Short version: Michael's a single dad to Lily, a ballerina. One day his best friend, Noah, catches Mike helping Lily with her dancing and records them, then uploads it online and naturally it goes viral because dad dancing badly but with joy? Yes, please. Everyone in his life except maybe Lily wants him to maybe use this as a reason to get back into dating, but Michael has no interest in anyone who wants to date him because of his fleeting "fame". Instead he meets Lily in a cringe inducing scene and shortly thereafter they realize Olivia is Lily's dance teacher. Which Michael doesn't know because he's a firefighter and his mother takes Lily to and from dance class. Liv and Mike are instantly drawn to one another but Lily gets jealous at having to share her father (and is dealing with not remembering her mother very well, so having someone replace her is freaking her out) and Olivia's been seriously considering moving to Florida to live with her parents because the dance studio has been in the red for quite awhile. Guess it's a good thing she fell for someone who still has about twelve seconds left on the 15 minutes of fame clock, huh?

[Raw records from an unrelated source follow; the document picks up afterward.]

-- ===== src/Middleware/Metrics.antt =====
-- internal/middleware/metrics.go: what is counted. The counters are machine words of 64 bits.
pub mod Served
use cascade_proxy.Common.{
  ℕ, suc, ◌+◌, ◌%◌, ◌^◌, ◌≡◌, refl, ◌∙◌, Bool, List, [], ◌∷◌, arith, leb, ltb, ◌-◌, ◌==◌,
  if◌then◌else◌, length,
}

-- A map whose keys are numbers, as a function.
abbrev pub Counts : Type 0
Counts = ℕ → ℕ

pub record Metrics : Type 0 where
  pub total_requests : ℕ
  pub total_errors : ℕ
  pub total_duration : ℕ
  pub status_counts : Counts

abbrev pub u64 : ℕ → ℕ
u64 n = n % 2 ^ 64

-- `negsuc n` is - (n + 1).
pub data ℤ : Type 0 where
  pos negsuc : ℕ → ℤ

-- The bits of an `int64`, read as a number.
abbrev pub signed : ℕ → ℤ
signed n = if ltb n (2 ^ 63) then pos n else negsuc (2 ^ 64 - (n + 1))

unfoldable pub new_metrics : Metrics
new_metrics = record {
  total_requests = 0;
  total_errors = 0;
  total_duration = 0;
  status_counts = λ _. 0;
}

-- m.StatusCounts[status]++
abbrev pub count : ℕ → Counts → Counts
count status m = λ s. if status == s then u64 (m s + 1) else m s

-- `record`; a duration is not negative. The sum of the durations is an `int64`, kept as its bits.
unfoldable pub record_request : ℕ → ℕ → Metrics → Metrics
record_request status duration m = record {
  total_requests = u64 (m.total_requests + 1);
  total_errors = if leb 500 status then u64 (m.total_errors + 1) else m.total_errors;
  total_duration = u64 (m.total_duration + duration);
  status_counts = count status m.status_counts;
}

unfoldable pub record_all : List (ℕ × ℕ) → Metrics → Metrics
unfolding record_request
record_all [] m = m
record_all ((status, duration) ∷ reqs) m = record_all reqs (record_request status duration m)

-- How many of the requests have a status of which `p` holds.
abbrev pub how_many : (ℕ → Bool) → List (ℕ × ℕ) → ℕ
how_many p [] = 0
how_many p ((status, _) ∷ reqs) = let rest = how_many p reqs in if p status then suc rest else rest

totals_from :
    (reqs : List (ℕ × ℕ)) (m : Metrics) (s a b c : ℕ)
    → m.total_requests ≡ u64 a
    → m.total_errors ≡ u64 b
    → m.status_counts s ≡ u64 c
    → let m' = record_all reqs m in
      (m'.total_requests ≡ u64 (a + length reqs))
      × (m'.total_errors ≡ u64 (b + how_many (leb 500) reqs))
      × (m'.status_counts s ≡ u64 (c + how_many (λ t. t == s) reqs))
unfolding record_all
totals_from [] m s a b c ha hb hc = (ha ∙ omega arith, hb ∙ omega arith, hc ∙ omega arith)
totals_from ((status, duration) ∷ reqs) m s a b c ha hb hc =
    let ih =
      totals_from reqs (record_request status duration m) s (a + 1)
        (b + (if leb 500 status then 1 else 0)) (c + (if status == s then 1 else 0))
        (unfold record_request in omega arith) (unfold record_request in ground arith)
        (unfold record_request in ground arith) in
    ground (arith, ih)

-- After any requests the counters are the number of requests, of those with a status of 500 or
-- more, and, for each status, of those with that status, all modulo 2 ^ 64.
pub record_all-totals :
    (reqs : List (ℕ × ℕ)) (s : ℕ)
    → let m = record_all reqs new_metrics in
      (m.total_requests ≡ u64 (length reqs))
      × (m.total_errors ≡ u64 (how_many (leb 500) reqs))
      × (m.status_counts s ≡ u64 (how_many (λ t. t == s) reqs))
unfolding new_metrics
record_all-totals reqs s =
    let all_ = totals_from reqs new_metrics s 0 0 0 refl refl refl in omega (arith, all_)
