-- ===== src/Middleware/Examples.antt =====
-- The middlewares that wrap the writer or keep a state, at concrete requests.
mod Upstreams
mod Tokens
mod Contexts
mod Writers
mod Repeats
mod Late
use cascade_proxy.Common.{
  ℕ, ◌+◌, ◌≡◌, ◌≢◌, ◌≤◌, ◌<◌, ◌⊎◌, refl, Bool, true, false, Option, none, some, List, [], ◌∷◌, ◌++◌,
  arith, if◌then◌else◌, ltb, leb, ◌%◌, ◌^◌, ◌==◌, any, Text, ascii, text_eq, text_eq_iff, lookup,
  insert, length, ap, All,
}
use cascade_proxy.Http.{
  Request, Header, Handler, WriteOp, set_header, write_header, write_body, Clock, Response,
  response, at_key, get, header_after,
}
use cascade_proxy.Http
use cascade_proxy.Http.Canonical.{canonical}
use cascade_proxy.CircuitBreaker
use cascade_proxy.CircuitBreaker.{Breaker, admit, settle}
use cascade_proxy.RateLimiter
use cascade_proxy.RateLimiter.{RateLimiter}
use cascade_proxy.Middleware.Recorder
use cascade_proxy.Middleware.Recorder.{record_ops}
use cascade_proxy.Middleware.Recorder.Laws.{record_ops-transparent}
use cascade_proxy.Middleware.Cache
use cascade_proxy.Middleware.Cache.{ResponseCache, Entry, method_get}
use cascade_proxy.Middleware.Cache.Store.{
  IsBounded, set-IsBounded, get-set, lookup-set_other, stamped,
}
use cascade_proxy.Middleware.Cache.Hits.{miss_then_hit, hit_repeats_header}
use cascade_proxy.Middleware.Breaker.{wrap, wrap_lem, rejection}
use cascade_proxy.Middleware.RateLimit
use cascade_proxy.Middleware.RateLimit.{new_name_served}
use cascade_proxy.Middleware.Headers
use cascade_proxy.Middleware.Headers.{intercept}
use cascade_proxy.Middleware.Headers.Sent.{
  intercept-header, intercept_silent, configured, configured_or,
}
use cascade_proxy.Middleware.Failover
use cascade_proxy.Middleware.Failover.{Buffered, Base}
use cascade_proxy.Middleware.Failover.Cascade.{Exhausted, Wins, handle-cascades}
use cascade_proxy.Middleware.Throttle
use cascade_proxy.Middleware.Throttle.{
  Throttle, Rejected, Reachable, start, then_, arrive, send, serve, reject, tick, reachable-few,
}
use cascade_proxy.Middleware.Metrics.{record_all, new_metrics, record_all-totals, how_many, u64}

abbrev client : Header
client = (ascii "X-Forwarded-For", ascii "198.51.100.7" ∷ []) ∷ []

abbrev request : Request
request = record {
  method = ascii "GET";
  scheme = [];
  url_host = [];
  path = ascii "/users";
  raw_query = [];
  host = ascii "front";
  header = client;
  remote_addr = ascii "10.0.0.1:80";
  request_uri = ascii "/users";
  body = none;
}

-- The world is the time; the handler takes 3 and answers hello.
abbrev clock : Clock ℕ
clock = record { now = λ w. w; sleep = λ d w. w + d }

abbrev hello : Handler ℕ
hello r h w = (
  set_header (ascii "Content-Type") (ascii "text/plain") ∷ write_body (ascii "hello") ∷ [],
  w + 3,
)

abbrev unavailable : List WriteOp
unavailable = write_header 503 ∷ write_header 200 ∷ write_body (ascii "busy") ∷ []

record_ops-transparent_example :
    let (r, told) = record_ops unavailable Recorder.new in
    (response [] told ≡ response [] unavailable)
    × (Recorder.status r ≡ (response [] unavailable).status)
    × (Recorder.body r ≡ (response [] unavailable).body)
    × (Recorder.bytes_written r ≡ length (response [] unavailable).body)
record_ops-transparent_example =
    record_ops-transparent [] unavailable ((λ e. omega arith), ((λ e. omega arith), (tt, tt)))

-- A cache for one answer.
abbrev empty : ResponseCache
empty = record { entries = []; cfg = record { ttl = 50; max_entries = 1 } }

abbrev uri : Request → Text
uri r = r.request_uri

abbrev first_entry : ℕ → ℕ
first_entry w = 0

-- What an outer handler has set.
abbrev outer : Header
outer = (ascii "Vary", ascii "Origin" ∷ []) ∷ []

abbrev served : Request → Header → ResponseCache × ℕ → List WriteOp × (ResponseCache × ℕ)
served = Cache.handle clock uri first_entry hello

miss_then_hit_example :
    let (ops, (c1, w1)) = served request outer (empty, 10) in
    let (ops2, (c2, w2')) = served request outer (c1, 40) in
    (w2' ≡ 40)
    × (c2 ≡ c1)
    × ((response outer ops2).status ≡ (response outer ops).status)
    × ((response outer ops2).body ≡ (response outer ops).body)
miss_then_hit_example =
    miss_then_hit clock uri first_entry hello request request outer outer empty 10 40 refl refl refl
      (unfold Cache.get lookup in refl) (tt, (tt, tt)) (unfold response in refl)
      (unfold Cache.get lookup in omega arith)

abbrev page : Entry
page = record { header = []; body = ascii "hello"; status = 200; exp = 0 }

set-IsBounded_example : IsBounded (Cache.set 7 0 (ascii "/a") page empty)
set-IsBounded_example = set-IsBounded 7 0 (ascii "/a") page empty (omega arith) (omega arith)

abbrev breaker : Breaker
breaker = CircuitBreaker.new CircuitBreaker.default_config

abbrev busy : Handler ℕ
busy r h w = (unavailable, w + 3)

wrap_lem_example :
    let (ops, (cb', w')) = wrap clock busy request outer (breaker, 10) in
    let (allowed, cb1) = admit 10 breaker in
    let answer = response outer unavailable in
    (response outer ops ≡ (if allowed then answer else response outer rejection))
    × (w' ≡ (if allowed then 13 else 10))
    × (cb' ≡ (if allowed then settle 13 (ltb answer.status 500) cb1 else cb1))
wrap_lem_example =
    wrap_lem clock busy request outer breaker 10
      ((λ e. omega arith), ((λ e. omega arith), (tt, tt)))

abbrev added : Headers.Config
added = record Headers.default_config {
  response_headers = (ascii "X-Frame-Options", ascii "DENY") ∷ [];
  remove_response_headers = ascii "Server" ∷ [];
}

intercept-header_example :
    at_key (ascii "Server") (response outer (intercept added false unavailable)).header
    ≡ configured_or (configured (ascii "Server") added.response_headers) (
        if any (λ k. text_eq (canonical k) (ascii "Server")) added.remove_response_headers
        then []
        else at_key (ascii "Server") (response outer unavailable).header)
intercept-header_example = intercept-header added outer unavailable (ascii "Server") refl

-- Room for one, and five units of time to wait: the first is served, the second rejected.
abbrev narrow : Throttle.Config
narrow = record { max_concurrent = 1; queue_timeout = 5 }

abbrev crowded : Throttle
crowded = record {
  cfg = narrow;
  now = 5;
  sem = 1;
  waiting = [];
  entered = [];
  serving = 7 ∷ [];
  leaving = [];
  rejected = record { id = 8; came = 0; answered = 5 } ∷ [];
}

crowding : Reachable narrow crowded
unfolding Throttle.new
crowding =
    let came = then_ (then_ start (arrive 8)) (arrive 7) in
    let sent = then_ came (send 7 0 [] ((8, 0) ∷ []) refl (omega arith)) in
    let busy = then_ sent (serve 7 [] [] refl) in
    then_ (then_ busy (tick 5)) (reject 8 0 [] [] refl (omega arith))

reachable-few_example :
    (length crowded.entered + length crowded.serving + length crowded.leaving ≡ crowded.sem)
    × (length crowded.serving ≤ 1)
    × (length crowded.leaving ≤ crowded.sem)
    × All (λ (x : Rejected). x.came + narrow.queue_timeout ≤ x.answered) crowded.rejected
reachable-few_example = reachable-few narrow crowded crowding

-- A recorder that keeps the calls, with the status that a client would receive.
abbrev buffered : Buffered
buffered = record { status = λ ops. (response [] ops).status; flush = λ ops. ops }

abbrev parse_base : Text → Option Base
parse_base t = some (record { scheme = ascii "http"; host = t })

abbrev two_backends : Failover.Config
two_backends = record Failover.default_config { backends = ascii "a" ∷ ascii "b" ∷ [] }

-- Only the backend b answers.
abbrev only_b : Handler ℕ
only_b r h w =
    (if text_eq r.host (ascii "b") then write_body (ascii "hello") ∷ [] else unavailable, w + 3)

handle-cascades_example :
    let answer = Failover.handle buffered parse_base only_b two_backends request outer 10 in
    Exhausted buffered parse_base only_b two_backends request 10 two_backends.backends answer
    ⊎ Wins buffered parse_base only_b two_backends request 10 two_backends.backends answer
handle-cascades_example = handle-cascades buffered parse_base only_b two_backends request outer 10

second_answers :
    Failover.handle buffered parse_base only_b two_backends request outer 10
    ≡ (write_body (ascii "hello") ∷ [], 16)
unfolding Failover.handle response text_eq ascii Http.apply_all Http.apply Http.set
second_answers = refl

There are things that work. If nothing else, I've realized I think I like AnnaLynne McCord, as she was kind of fab here. Lily could be very sweet/cute. The father/daughter dancing? Also cute. I liked the friendships, even if they didn't get a ton of time.

But like I said, we're dealing with kind of negative chemistry at times. There's also a bit of an odd note with Noah who gets very flustered when Lily asks him questions about her mother and I swear to God, I thought we were going to find out he and the late, great Claire had been a thing at some point. But no. To be fair, I also wouldn't have been surprised if, before Liv showed up as the obvious love interest, we were getting M/N until I remembered the ballet bit and realized yeah, no, that'd be a big no. On the I'm not sure where to put this side, the realization that the actors playing Michael and Lily are a real life father/daughter pair made things make a lot of sense, as did realizing this came out in 2021 which explains the very, very small sets. Seriously, it's going to be a game in the future to play "no budget or COVID filming?"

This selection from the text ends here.